Task brief
Look for "(v : ℕ) → 0x80" in the listing below, then copy exactly the line it appears in and all lines after it to the end, and nothing more.
======== Records for this task
-- ===== src/Chars/Utf8.antt =====
-- The bytes of `append_utf8` in plain arithmetic.
use xmlparser.Prelude.{ℕ, ◌+◌, ◌/◌, ◌%◌, ◌≤◌, ◌<◌, ◌≡◌, [], ◌∷◌, arith}
use xmlparser.Prelude.Bits.{and_3F, or_C0, or_E0, or_F0, or_80}
use xmlparser.Chars.{utf8_bytes}

abbrev pub tail_byte : ℕ → ℕ
tail_byte n = 0x80 + n % 64

pub utf8_bytes-one : (v : ℕ) → v < 0x80 → utf8_bytes v ≡ v ∷ []
unfolding utf8_bytes
utf8_bytes-one v h = ground arith

pub utf8_bytes-two :
    (v : ℕ) → 0x80 ≤ v → v < 0x800 → utf8_bytes v ≡ (0xC0 + v / 64) ∷ tail_byte v ∷ []
unfolding utf8_bytes
utf8_bytes-two v h k = ground (arith, and_3F v, or_C0 (v / 64), or_80 (v % 64))

pub utf8_bytes-three :
    (v : ℕ)
    → 0x800 ≤ v
    → v < 0x10000
    → utf8_bytes v ≡ (0xE0 + v / 4096) ∷ tail_byte (v / 64) ∷ tail_byte v ∷ []
unfolding utf8_bytes
utf8_bytes-three v h k =
    ground (arith, and_3F v, and_3F (v / 64), or_E0 (v / 4096), or_80 (v / 64 % 64), or_80 (v % 64))

pub utf8_bytes-four :
    (v : ℕ)
    → 0x10000 ≤ v
    → v ≤ 0x10FFFF
    → utf8_bytes v
      ≡ (0xF0 + v / 262144) ∷ tail_byte (v / 4096) ∷ tail_byte (v / 64) ∷ tail_byte v ∷ []
unfolding utf8_bytes
utf8_bytes-four v h k = ground (
  arith,
  and_3F v,
  and_3F (v / 64),
  and_3F (v / 4096),
  or_F0 (v / 262144),
  or_80 (v / 4096 % 64),
  or_80 (v / 64 % 64),
  or_80 (v % 64),
)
================
Finished exercise
    (v : ℕ) → 0x80 ≤ v → v < 0x800 → utf8_bytes v ≡ (0xC0 + v / 64) ∷ tail_byte v ∷ []
unfolding utf8_bytes
utf8_bytes-two v h k = ground (arith, and_3F v, or_C0 (v / 64), or_80 (v % 64))

pub utf8_bytes-three :
    (v : ℕ)
    → 0x800 ≤ v
    → v < 0x10000
    → utf8_bytes v ≡ (0xE0 + v / 4096) ∷ tail_byte (v / 64) ∷ tail_byte v ∷ []
unfolding utf8_bytes
utf8_bytes-three v h k =
    ground (arith, and_3F v, and_3F (v / 64), or_E0 (v / 4096), or_80 (v / 64 % 64), or_80 (v % 64))

pub utf8_bytes-four :
    (v : ℕ)
    → 0x10000 ≤ v
    → v ≤ 0x10FFFF
    → utf8_bytes v
      ≡ (0xF0 + v / 262144) ∷ tail_byte (v / 4096) ∷ tail_byte (v / 64) ∷ tail_byte v ∷ []
unfolding utf8_bytes
utf8_bytes-four v h k = ground (
  arith,
  and_3F v,
  and_3F (v / 64),
  and_3F (v / 4096),
  or_F0 (v / 262144),
  or_80 (v / 4096 % 64),
  or_80 (v / 64 % 64),
  or_80 (v % 64),
)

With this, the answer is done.